Tribute FM
- Formation: May 2011
- Purpose: Anti-Gaddafi Broadcast Media
- Official language: English
- Website: http://tributefm.com/

= Tribute FM =

Radio station in Libya

Tribute FM is an English-language radio station targeting a Libyan audience both inside and outside the country. It was launched in May 2011 during the country's civil war. It is opposed to the government of Muammar al-Gaddafi.

Tribute FM describes itself as "Libya's first free, independent and urban English radio station". It says it is run by young Libyans who decided that the once banned English language should now have a presence on the airwaves of "the New Free Libya".

==Transmission arrangements==
Tribute FM is available via a live internet stream; through iTunes, Winamp, VLC media player and Windows Media Player; and using iPhone and Android Phone.

A tweet from @TributeFM on 6 June 2011 said the station was "now live 24/7" on 92.4 FM in and around the rebel capital of Benghazi.

==Launch history==
Tribute FM started test transmissions on 8 May 2011. On the morning of 11 May, it was still in test mode, announcing: "You’re listening to Tribute FM, broadcasting from Benghazi.
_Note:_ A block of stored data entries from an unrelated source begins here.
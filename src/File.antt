-- ===== src/File.antt =====
-- src/file.h, src/file.cpp, src/file_iterator.h: the pages of a file.
pub mod State
pub mod Registry
pub mod Handles
pub mod Sharing
pub mod Alloc
pub mod Free
pub mod Chains
pub mod Store
pub mod Walk
pub mod Crossed
pub mod Places
pub mod Linking
pub mod AllocLaws
pub mod Heading
pub mod Reusing
pub mod Allocation
pub mod Previous
pub mod FreeLaws
pub mod Deleting
pub mod Access
pub mod Stores
pub mod StoreLaws
pub mod Orders
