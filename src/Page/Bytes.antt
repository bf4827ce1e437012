-- ===== src/Page/Bytes.antt =====
-- The string `data_` of src/page.h: its size and its bytes. The bytes from its size on are the
-- memory behind it, which a pointer into the string can reach.
use cs564_project.Prelude.{
  ℕ, zero, suc, ◌+◌, ◌-◌, ◌≤◌, ◌<◌, ◌≡◌, refl, List, [], ◌∷◌, ltb, ◌==◌, if◌then◌else◌, get_or,
  length, arith, ap,
}
use cs564_project.Exceptions.{Result, ok, err, out_of_range}

pub record Bytes : Type 0 where
  pub size : ℕ
  pub byte : ℕ → ℕ

-- `std::string::assign_bytes` of a count and a character.
unfoldable pub assign_bytes : Bytes → ℕ → ℕ → Bytes
assign_bytes m n c = record { size = n; byte = λ i. if ltb i n then c else m.byte i }

-- A write through a pointer.
unfoldable pub poke : Bytes → ℕ → ℕ → Bytes
poke m i b = record { size = m.size; byte = λ j. if i == j then b else m.byte j }

unfoldable pub read : (ℕ → ℕ) → ℕ → ℕ → List ℕ
read f pos zero = []
read f pos (suc n) = f pos ∷ read f (pos + 1) n

abbrev pub min : ℕ → ℕ → ℕ
min a b = if ltb a b then a else b

-- `std::string::substr`.
unfoldable pub substr : Bytes → ℕ → ℕ → Result (List ℕ)
substr m pos n =
    if ltb m.size pos then err out_of_range else ok (read m.byte pos (min n (m.size - pos)))

abbrev pub splice : Bytes → ℕ → ℕ → List ℕ → Bytes
splice m pos n s = record {
  size = m.size - n + length s;
  byte = λ i.
      if ltb i pos
      then m.byte i
      else if ltb i (pos + length s)
      then get_or s (i - pos) 0
      else m.byte (i - length s + n);
}

-- `std::string::replace` of `n` bytes from `pos` on.
unfoldable pub replace : Bytes → ℕ → ℕ → List ℕ → Result Bytes
replace m pos n s =
    if ltb m.size pos then err out_of_range else ok (splice m pos (min n (m.size - pos)) s)

pub length-read : (f : ℕ → ℕ) (pos n : ℕ) → length (read f pos n) ≡ n
unfolding read
length-read f pos zero = refl
length-read f pos (suc n) = ap suc (length-read f (pos + 1) n)

pub get_or-read : (f : ℕ → ℕ) (pos n i : ℕ) → i < n → get_or (read f pos n) i 0 ≡ f (pos + i)
unfolding read get_or
get_or-read f pos zero i h = absurd (omega arith)
get_or-read f pos (suc n) zero h = ground arith
get_or-read f pos (suc n) (suc i) h = ground (arith, get_or-read f (pos + 1) n i)

-- A range reads alike where the bytes agree, also at another place.
pub read-ext :
    (f g : ℕ → ℕ) (pos q n : ℕ)
    → ((i : ℕ) → i < n → f (pos + i) ≡ g (q + i))
    → read f pos n ≡ read g q n
unfolding read
read-ext f g pos q zero h = refl
read-ext f g pos q (suc n) h =
    let tail =
      read-ext f g (pos + 1) (q + 1) n
        λ i b. let e : f (pos + suc i) ≡ g (q + suc i) = h (suc i) (omega arith) in ground arith in
    let head : f (pos + 0) ≡ g (q + 0) = h 0 (omega arith) in ground arith

-- The list stands where it was written.
pub read-splice :
    (f : ℕ → ℕ) (pos : ℕ) (s : List ℕ)
    → ((i : ℕ) → i < length s → f (pos + i) ≡ get_or s i 0)
    → read f pos (length s) ≡ s
unfolding read get_or
read-splice f pos [] h = refl
read-splice f pos (x ∷ s) h =
    let tail =
      read-splice f (pos + 1) s
        λ i b. let e : f (pos + suc i) ≡ get_or s i 0 = h (suc i) (omega arith) in ground arith in
    let head : f (pos + 0) ≡ x = h 0 (omega arith) in ground arith

pub substr-inside :
    (m : Bytes) (pos n : ℕ) → pos + n ≤ m.size → substr m pos n ≡ ok (read m.byte pos n)
unfolding substr
substr-inside m pos n h = ground arith

-- Inside the string, a replacement by as many bytes.
pub replace-inside :
    (m : Bytes) (pos n : ℕ) (s : List ℕ)
    → pos + n ≤ m.size
    → length s ≡ n
    → replace m pos n s ≡ ok (splice m pos n s)
unfolding replace
replace-inside m pos n s h e = ground arith

pub byte-splice :
    (m : Bytes) (pos i : ℕ) (s : List ℕ)
    → (splice m pos (length s) s).byte i ≡ (
        if ltb i pos
        then m.byte i
        else if ltb i (pos + length s)
        then get_or s (i - pos) 0
        else m.byte i)
byte-splice m pos i s = ground arith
We will be back live at 6 p.m. GMT (UTC) till approximately 1 a.m. GMT. For more information about how you can listen to us, please go to http://www.tributefm.com."
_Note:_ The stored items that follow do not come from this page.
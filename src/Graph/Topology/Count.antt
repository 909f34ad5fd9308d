-- ===== src/Graph/Topology/Count.antt =====
-- Occurrences in lists of node ids: two lists with the same occurrences are permutations.
use nazh.Base.{
  ℕ, suc, ◌+◌, ◌≤◌, ◌<◌, ◌≡◌, refl, ◌∙◌, ap, Bool, true, false, none, String, List, [], ◌∷◌, ◌++◌,
  str_eq, if◌then◌else◌, length, Dict, lookup, arith, eq_iff, eq_refl, Bool-cases, inl, inr,
}
use Prim.Native.String.{compare}
use nazh.Graph.Topology.{keys, is_greater, insert_sorted, sort}

abbrev pub one_if : Bool → ℕ
one_if true = 1
one_if false = 0

unfoldable pub occurs : String → List String → ℕ
occurs u [] = 0
occurs u (x ∷ xs) = one_if (str_eq x u) + occurs u xs

pub occurs-append :
    (u : String) (xs ys : List String) → occurs u (xs ++ ys) ≡ occurs u xs + occurs u ys
unfolding occurs
occurs-append u [] ys = omega arith
occurs-append u (x ∷ xs) ys = omega (arith, occurs-append u xs ys)

occurs-insert_sorted :
    (u x : String) (ys : List String)
    → occurs u (insert_sorted x ys) ≡ one_if (str_eq x u) + occurs u ys
unfolding occurs insert_sorted
occurs-insert_sorted u x [] = refl
occurs-insert_sorted u x (y ∷ ys) = elim (Bool-cases (is_greater (compare x y))) [
  | inl e ↦ rw e (omega (arith, occurs-insert_sorted u x ys))
  | inr e ↦ rw e (omega arith)
]

-- sorting is a permutation
pub occurs-sort : (u : String) (xs : List String) → occurs u (sort xs) ≡ occurs u xs
unfolding occurs sort
occurs-sort u [] = refl
occurs-sort u (x ∷ xs) =
    occurs-insert_sorted u x (sort xs) ∙ ap (λ n. one_if (str_eq x u) + n) (occurs-sort u xs)

erase : String → List String → List String
erase x [] = []
erase x (y ∷ ys) = let rest = erase x ys in if str_eq y x then ys else y ∷ rest

occurs-erase :
    (x u : String) (ys : List String)
    → 0 < occurs x ys
    → occurs u ys ≡ one_if (str_eq x u) + occurs u (erase x ys)
unfolding occurs erase
occurs-erase x u [] h = absurd (omega arith)
occurs-erase x u (y ∷ ys) h =
    ground (arith, eq_iff y x, eq_iff x u, eq_iff y u, occurs-erase x u ys)

length-erase :
    (x : String) (ys : List String) → 0 < occurs x ys → length ys ≡ suc (length (erase x ys))
unfolding occurs erase
length-erase x [] h = absurd (omega arith)
length-erase x (y ∷ ys) h = ground (arith, length-erase x ys)

pub occurs-le : (u : String) (xs : List String) → occurs u xs ≤ length xs
unfolding occurs
occurs-le u [] = omega arith
occurs-le u (x ∷ xs) = ground (arith, occurs-le u xs)

pub occurs_head : (x : String) (xs : List String) → 0 < occurs x (x ∷ xs)
unfolding occurs
occurs_head x xs = ground (arith, eq_refl x)

-- A list whose ids all occur at least as often in another is no longer than it, and has the same
-- occurrences if it is as long.
pub length-le :
    (xs ys : List String) → ((u : String) → occurs u xs ≤ occurs u ys) → length xs ≤ length ys
unfolding occurs
length-le [] ys h = omega arith
length-le (x ∷ xs) ys h =
    let there : 0 < occurs x ys = omega (arith, occurs_head x xs, h x) in
    omega (
      arith,
      length-erase x ys there,
      length-le xs (erase x ys) (λ u. omega (arith, h u, occurs-erase x u ys there)),
    )

pub occurs_full :
    (xs ys : List String)
    → ((u : String) → occurs u xs ≤ occurs u ys)
    → length xs ≡ length ys
    → (u : String) → occurs u xs ≡ occurs u ys
unfolding occurs
occurs_full [] [] h e u = refl
occurs_full [] (y ∷ ys) h e u = absurd (omega arith)
occurs_full (x ∷ xs) ys h e u =
    let there : 0 < occurs x ys = omega (arith, occurs_head x xs, h x) in
    let rest =
      occurs_full xs (erase x ys) (λ w. omega (arith, h w, occurs-erase x w ys there))
        (omega (arith, e, length-erase x ys there)) u in
    omega (arith, rest, occurs-erase x u ys there)

module _ {V : Type 0} where
  pub present : (u : String) (m : Dict V) → lookup u m ≡ none → occurs u (keys m) ≡ 0
  unfolding occurs lookup
  present u [] h = refl
  present u ((k, v) ∷ m) h = ground (arith, present u m)
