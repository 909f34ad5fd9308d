-- ===== src/Graph/Topology/Waiting.antt =====
-- Edges counted by their ends, and the edges that a node still waits for.
use nazh.Base.{
  ℕ, ◌+◌, ◌≤◌, ◌<◌, ◌≡◌, refl, ◌&&◌, String, List, [], ◌∷◌, ◌++◌, str_eq, ◌==◌, arith, eq_iff,
}
use nazh.Graph.Types.{WorkflowEdge}
use nazh.Graph.Topology.Count.{one_if, occurs, occurs-append}

-- the edges into `u`
unfoldable pub into : List WorkflowEdge → String → ℕ
into [] u = 0
into (e ∷ es) u = one_if (str_eq e.to u) + into es u

-- the edges from `v` to `u`
unfoldable pub between : List WorkflowEdge → String → String → ℕ
between [] v u = 0
between (e ∷ es) v u = one_if (str_eq e.from v && str_eq e.to u) + between es v u

-- the edges into `u` whose source is not among the ids seen
unfoldable pub waiting : List WorkflowEdge → List String → String → ℕ
waiting [] seen u = 0
waiting (e ∷ es) seen u = one_if (str_eq e.to u && (occurs e.from seen == 0)) + waiting es seen u

-- Every id comes after the sources of all the edges into it.
abbrev pub IsTopological : List WorkflowEdge → List String → List String → Type 0
IsTopological es seen [] = Unit
IsTopological es seen (u ∷ us) = (waiting es seen u ≡ 0) × IsTopological es (seen ++ u ∷ []) us

pub into-append :
    (es fs : List WorkflowEdge) (u : String) → into (es ++ fs) u ≡ into es u + into fs u
unfolding into
into-append [] fs u = omega arith
into-append (e ∷ es) fs u = omega (arith, into-append es fs u)

pub waiting_nothing_seen : (es : List WorkflowEdge) (u : String) → waiting es [] u ≡ into es u
unfolding waiting into occurs
waiting_nothing_seen [] u = refl
waiting_nothing_seen (e ∷ es) u = ground (arith, waiting_nothing_seen es u)

pub occurs_one : (x v : String) → occurs x (v ∷ []) ≡ one_if (str_eq v x)
unfolding occurs
occurs_one x v = omega arith

-- when a node is seen, its edges are no longer waited for
pub waiting_step :
    (es : List WorkflowEdge) (seen : List String) (v u : String)
    → occurs v seen ≡ 0
    → waiting es seen u ≡ waiting es (seen ++ v ∷ []) u + between es v u
unfolding waiting between
waiting_step [] seen v u h = refl
waiting_step (e ∷ es) seen v u h =
    let more = occurs-append e.from seen (v ∷ []) in
    ground (
      arith,
      more,
      occurs_one e.from v,
      eq_iff e.from v,
      eq_iff v e.from,
      waiting_step es seen v u h,
    )

pub waiting_mono :
    (es : List WorkflowEdge) (seen more : List String) (u : String)
    → ((x : String) → 0 < occurs x seen → 0 < occurs x more)
    → waiting es more u ≤ waiting es seen u
unfolding waiting
waiting_mono [] seen more u h = omega arith
waiting_mono (e ∷ es) seen more u h = ground (arith, h e.from, waiting_mono es seen more u h)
Tribute FM was launched by four people, at least two of whom have dual Libyan and British nationality. Because of fears of reprisals by Gaddafi loyalists, they do not disclose their full names. Similarly, the exact location of the station's studio is a secret, though it is said to be in Benghazi.

In late May 2011, Tribute FM was broadcasting daily from 8 p.m. to about 4 a.m. local time (18:00-02:00 UTC).
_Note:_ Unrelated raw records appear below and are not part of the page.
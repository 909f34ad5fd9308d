-- ===== src/Graph/Topology/Degrees.antt =====
-- What the first loop of `topology_for_edges` collects: the count of the edges into each node and the
-- list of the edges out of it.
use nazh.Base.{
  ℕ, ◌+◌, ◌<◌, ◌≡◌, refl, ◌∙◌, ap, true, false, ◌&&◌, Option, none, some, String, List, [], ◌∷◌,
  ◌++◌, inl, inr, str_eq, if◌then◌else◌, ◌==◌, Dict, lookup, insert, contains_key, lookup-insert,
  arith, eq_iff, Option-cases, Bool-cases,
}
use nazh.Graph.Types.{WorkflowEdge}
use nazh.Graph.Topology.{keys, push_edge, count_edge, Degrees, neighbors}
use nazh.Graph.Topology.Count.{one_if, occurs}
use nazh.Graph.Topology.Waiting.{into, into-append}

-- the count of a node, if there is such a node
abbrev pub of_node : List String → String → ℕ → Option ℕ
of_node ids u n = if occurs u ids == 0 then none else some n

-- a map that has exactly the given ids, each with the count `c`
pub record IsCounted (ids : List String) (c : String → ℕ) (m : Dict ℕ) : Type 0 where
  pub at : (u : String) → lookup u m ≡ of_node ids u (c u)
  pub ids_kept : (u : String) → occurs u (keys m) ≡ occurs u ids

occurs-keys-insert :
    (u k : String) (v w : ℕ) (m : Dict ℕ)
    → lookup k m ≡ some w
    → occurs u (keys (insert k v m)) ≡ occurs u (keys m)
unfolding occurs lookup insert
occurs-keys-insert u k v w [] h = absurd (ground arith)
occurs-keys-insert u k v w ((j, x) ∷ m) h = ground (arith, eq_iff j k, occurs-keys-insert u k v w m)

-- a write to a node's count
pub insert-IsCounted :
    (ids : List String) (c d : String → ℕ) (k : String) (v w : ℕ) (m : Dict ℕ)
    → lookup k m ≡ some w
    → ((u : String) → d u ≡ (if str_eq k u then v else c u))
    → IsCounted ids c m
    → IsCounted ids d (insert k v m)
insert-IsCounted ids c d k v w m h step counted = record {
  at =
      λ u. ground (arith, lookup-insert k u v m, step u, counted.at u, counted.at k, h, eq_iff k u);
  ids_kept = λ u. occurs-keys-insert u k v w m h ∙ counted.ids_kept u;
}

-- counts of ids that are no nodes do not matter
pub IsCounted-ext :
    (ids : List String) (c d : String → ℕ) (m : Dict ℕ)
    → ((u : String) → of_node ids u (c u) ≡ of_node ids u (d u))
    → IsCounted ids c m
    → IsCounted ids d m
IsCounted-ext ids c d m same counted = record {
  at = λ u. counted.at u ∙ same u;
  ids_kept = counted.ids_kept;
}

pub count_edge-IsCounted :
    (ids : List String) (c : String → ℕ) (t : String) (m : Dict ℕ)
    → IsCounted ids c m
    → IsCounted ids (λ u. c u + one_if (str_eq t u)) (count_edge t m)
unfolding count_edge
count_edge-IsCounted ids c t m counted = elim (Option-cases (lookup t m)) [
  | inl e ↦
      rw (e, count_edge)
        (IsCounted-ext ids c _ m (λ u. ground (arith, e, counted.at t, eq_iff t u)) counted)
  | inr (n, e) ↦
      rw (e, count_edge)
        (insert-IsCounted ids c _ t (n + 1) n m e (λ u. ground (arith, e, counted.at t, eq_iff t u))
          counted)
]

pub push_edge-insert :
    (e : WorkflowEdge) (m : Dict (List WorkflowEdge))
    → push_edge e m ≡ insert e.from (neighbors m e.from ++ e ∷ []) m
unfolding push_edge
push_edge-insert e m = ground arith

pub neighbors-insert :
    (k v : String) (edges : List WorkflowEdge) (m : Dict (List WorkflowEdge))
    → neighbors (insert k edges m) v ≡ (if str_eq k v then edges else neighbors m v)
neighbors-insert k v edges m = ground (arith, lookup-insert k v edges m)

into_one : (e : WorkflowEdge) (u : String) → into (e ∷ []) u ≡ one_if (str_eq e.to u)
unfolding into
into_one e u = omega arith

pub push_edge-neighbors :
    (e : WorkflowEdge) (v u : String) (m : Dict (List WorkflowEdge))
    → into (neighbors (push_edge e m) v) u
      ≡ into (neighbors m v) u + one_if (str_eq e.from v && str_eq e.to u)
push_edge-neighbors e v u m =
    let written = ap (λ l. into (neighbors l v) u) (push_edge-insert e m) in
    let read = neighbors-insert e.from v (neighbors m e.from ++ e ∷ []) m in
    let longer = into-append (neighbors m e.from) (e ∷ []) u in
    elim (Bool-cases (str_eq e.from v)) [
      | inl same ↦
          let p : neighbors m e.from ≡ neighbors m v =
            ap (neighbors m) ((eq_iff e.from v).0 same) in
          grind (arith, written, read, longer, into_one e u, p, same)
      | inr other ↦ grind (arith, written, read, other)
    ]

-- what the first loop has collected: for every node the edges into it, and for every two ids the edges
-- from the one to the other
pub record IsCollected (ids : List String) (c : String → ℕ) (b : String → String → ℕ) (d : Degrees)
    : Type 0 where
  pub counts : IsCounted ids c d.0
  pub lists : (v u : String) → into (neighbors d.1 v) u ≡ b v u

-- the edges of which both ends are nodes
abbrev pub Joined : List String → List WorkflowEdge → Type 0
Joined ids [] = Unit
Joined ids (e ∷ es) = ((0 < occurs e.from ids) × (0 < occurs e.to ids)) × Joined ids es

pub contains_key-occurs :
    {V : Type 0} (k : String) (m : Dict V)
    → contains_key k m ≡ (if occurs k (keys m) == 0 then false else true)
unfolding contains_key lookup occurs
contains_key-occurs k [] = refl
contains_key-occurs k ((j, v) ∷ m) = ground (arith, contains_key-occurs k m)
Also in late May 2011, it was reported that the station's studio had suffered minor damage in a bomb attack. This followed an accusation by pro-Gaddafi television that Tribute FM was a foreign-financed attempt to spread Christianity.

==Other opposition radio stations==
A number of other opposition radio stations, calling themselves Voice of Free Libya or Radio Free Libya, including one station in Benghazi, began broadcasting in Arabic earlier in the civil war. It is unclear whether Tribute FM has any connection with them.